Could you set down exactly the lines of the data below, starting at the one that holds "register_deployer types = types" and ending at the one that holds "pub add_to_scheme : GroupVersion", both included, and only those?

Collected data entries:

• • • •

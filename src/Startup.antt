-- ===== src/Startup.antt =====
-- main.go, the functions SetupWithManager of controllers/*_controller.go, and the registrations of
-- api/v1alpha1: how the process starts. The runtime that main calls is a parameter; its log is left
-- out.
pub mod Order
use cloudrun.Base.{ℕ, String, Bool, true, false, List, [], ◌∷◌, ◌++◌}
use cloudrun.Cluster.Outcome.{Outcome, ok, err, panic, Error, Action, ◌>>◌}

-- The custom resources, by the names of their Go types.
pub data Custom : Type 0 where
  application builder deployer resource_pool workflow : Custom

-- A Go type that a scheme knows: that of one resource, or that of a list of them.
pub data Registered : Type 0 where
  one many : Custom → Registered

-- `GroupVersion`
pub record GroupVersion : Type 0 where
  pub group : String
  pub version : String

abbrev pub group_version : GroupVersion
group_version = record { group = "cloudapi.scs.buaa.edu.cn"; version = "v1alpha1" }

-- What the `init` functions of the package register, in the order of the files.
abbrev pub register_application : List Registered → List Registered
register_application types = types ++ (one application ∷ many application ∷ [])

abbrev pub register_builder : List Registered → List Registered
register_builder types = types ++ (one builder ∷ many builder ∷ [])

abbrev pub register_deployer : List Registered → List Registered
register_deployer types = types ++ (one deployer ∷ many deployer ∷ [])

abbrev pub register_resource_pool : List Registered → List Registered
register_resource_pool types = types ++ (one resource_pool ∷ many resource_pool ∷ [])

abbrev pub register_workflow : List Registered → List Registered
register_workflow types = types ++ (one workflow ∷ many workflow ∷ [])

abbrev pub scheme_builder : List Registered
scheme_builder =
    register_workflow
      (register_resource_pool (register_deployer (register_builder (register_application []))))

-- The flags, and what `ctrl.NewManager` is given of them.
pub record Flags : Type 0 where
  pub metrics_addr : String
  pub probe_addr : String
  pub enable_leader_election : Bool

pub record Options : Type 0 where
  pub metrics_bind_address : String
  pub port : ℕ
  pub health_probe_bind_address : String
  pub leader_election : Bool
  pub leader_election_id : String

abbrev pub default_flags : Flags
default_flags = record {
  metrics_addr = ":8080";
  probe_addr = ":8081";
  enable_leader_election = false;
}

unfoldable pub options_of : Flags → Options
options_of f = record {
  metrics_bind_address = f.metrics_addr;
  port = 9443;
  health_probe_bind_address = f.probe_addr;
  leader_election = f.enable_leader_election;
  leader_election_id = "acf06a82.scs.buaa.edu.cn";
}

-- What the code calls of controller-runtime, client-go and flag.
pub record Runtime : Type 1 where
  pub World : Type 0
  pub Manager : Type 0
  -- `flag.Parse`, from the defaults
  pub parse : Flags → World → Flags × World
  -- `clientgoscheme.AddToScheme`, and `AddToScheme` of a scheme builder
  pub add_client_go : Action World (Unit {0})
  pub add_to_scheme : GroupVersion → List Registered → Action World (Unit {0})
  -- `ctrl.NewManager` with the process's configuration
  pub new_manager : Options → Action World Manager
  -- `ctrl.NewControllerManagedBy(mgr).For(...).Complete(r)`
  pub complete : Manager → Custom → Action World (Unit {0})
  pub add_healthz_check : Manager → String → Action World (Unit {0})
  pub add_readyz_check : Manager → String → Action World (Unit {0})
  -- `mgr.Start`, which blocks until the process is told to stop
  pub start : Manager → Action World (Unit {0})

-- How `main` ends.
pub data Exit : Type 0 where
  returned : Exit
  exited : ℕ → Exit
  crashed : Error → Exit

module _ {W A : Type 0} where
  abbrev exits_or : (A → W → Exit × W) → Outcome A × W → Exit × W
  exits_or f (ok a, w) = f a w
  exits_or f (err e, w) = (exited 1, w)
  exits_or f (panic e, w) = (crashed e, w)

  -- `if err != nil { os.Exit(1) }`, and what follows.
  unfoldable pub or_exit : Action W A → (A → W → Exit × W) → W → Exit × W
  or_exit m f w = exits_or f (m w)

  -- `utilruntime.Must`
  abbrev must_of : Outcome A × W → Outcome A × W
  must_of (ok a, w) = (ok a, w)
  must_of (err e, w) = (panic e, w)
  must_of (panic e, w) = (panic e, w)

  unfoldable pub must : Action W A → Action W A
  must m w = must_of (m w)

module _ (R : Runtime) where
  -- `SetupWithManager`, for the kind of each reconciler
  unfoldable pub setup_application : R.Manager → Action R.World (Unit {0})
  setup_application m = R.complete m application

  unfoldable pub setup_builder : R.Manager → Action R.World (Unit {0})
  setup_builder m = R.complete m builder

  unfoldable pub setup_deployer : R.Manager → Action R.World (Unit {0})
  setup_deployer m = R.complete m deployer

  unfoldable pub setup_workflow : R.Manager → Action R.World (Unit {0})
  setup_workflow m = R.complete m workflow

  unfoldable pub setup_resource_pool : R.Manager → Action R.World (Unit {0})
  setup_resource_pool m = R.complete m resource_pool

  -- `init`
  unfoldable pub init : Action R.World (Unit {0})
  init = must R.add_client_go >> must (R.add_to_scheme group_version scheme_builder)

  abbrev return_ : Unit {0} → R.World → Exit × R.World
  return_ _ w = (returned, w)

  -- From the manager on.
  unfoldable pub run_manager : R.Manager → R.World → Exit × R.World
  run_manager m = or_exit (setup_application m) λ _. or_exit (setup_builder m) λ _.
      or_exit (setup_deployer m) λ _. or_exit (setup_workflow m) λ _.
        or_exit (setup_resource_pool m) λ _.
          or_exit (R.add_healthz_check m "healthz")
            λ _. or_exit (R.add_readyz_check m "readyz") λ _. or_exit (R.start m) return_

  unfoldable pub main : R.World → Exit × R.World
  main w =
      let (flags, v) = R.parse default_flags w in
      or_exit (R.new_manager (options_of flags)) run_manager v

  -- The process: `init` runs before `main`.
  abbrev after_init : Outcome (Unit {0}) × R.World → Exit × R.World
  after_init (ok _, w) = main w
  after_init (err e, w) = (crashed e, w)
  after_init (panic e, w) = (crashed e, w)

  unfoldable pub process : R.World → Exit × R.World
  process w = after_init (init w)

• • • •

» **EXERCISE SOLUTION**:
register_deployer types = types ++ (one deployer ∷ many deployer ∷ [])

abbrev pub register_resource_pool : List Registered → List Registered
register_resource_pool types = types ++ (one resource_pool ∷ many resource_pool ∷ [])

abbrev pub register_workflow : List Registered → List Registered
register_workflow types = types ++ (one workflow ∷ many workflow ∷ [])

abbrev pub scheme_builder : List Registered
scheme_builder =
    register_workflow
      (register_resource_pool (register_deployer (register_builder (register_application []))))

-- The flags, and what `ctrl.NewManager` is given of them.
pub record Flags : Type 0 where
  pub metrics_addr : String
  pub probe_addr : String
  pub enable_leader_election : Bool

pub record Options : Type 0 where
  pub metrics_bind_address : String
  pub port : ℕ
  pub health_probe_bind_address : String
  pub leader_election : Bool
  pub leader_election_id : String

abbrev pub default_flags : Flags
default_flags = record {
  metrics_addr = ":8080";
  probe_addr = ":8081";
  enable_leader_election = false;
}

unfoldable pub options_of : Flags → Options
options_of f = record {
  metrics_bind_address = f.metrics_addr;
  port = 9443;
  health_probe_bind_address = f.probe_addr;
  leader_election = f.enable_leader_election;
  leader_election_id = "acf06a82.scs.buaa.edu.cn";
}

-- What the code calls of controller-runtime, client-go and flag.
pub record Runtime : Type 1 where
  pub World : Type 0
  pub Manager : Type 0
  -- `flag.Parse`, from the defaults
  pub parse : Flags → World → Flags × World
  -- `clientgoscheme.AddToScheme`, and `AddToScheme` of a scheme builder
  pub add_client_go : Action World (Unit {0})
  pub add_to_scheme : GroupVersion → List Registered → Action World (Unit {0})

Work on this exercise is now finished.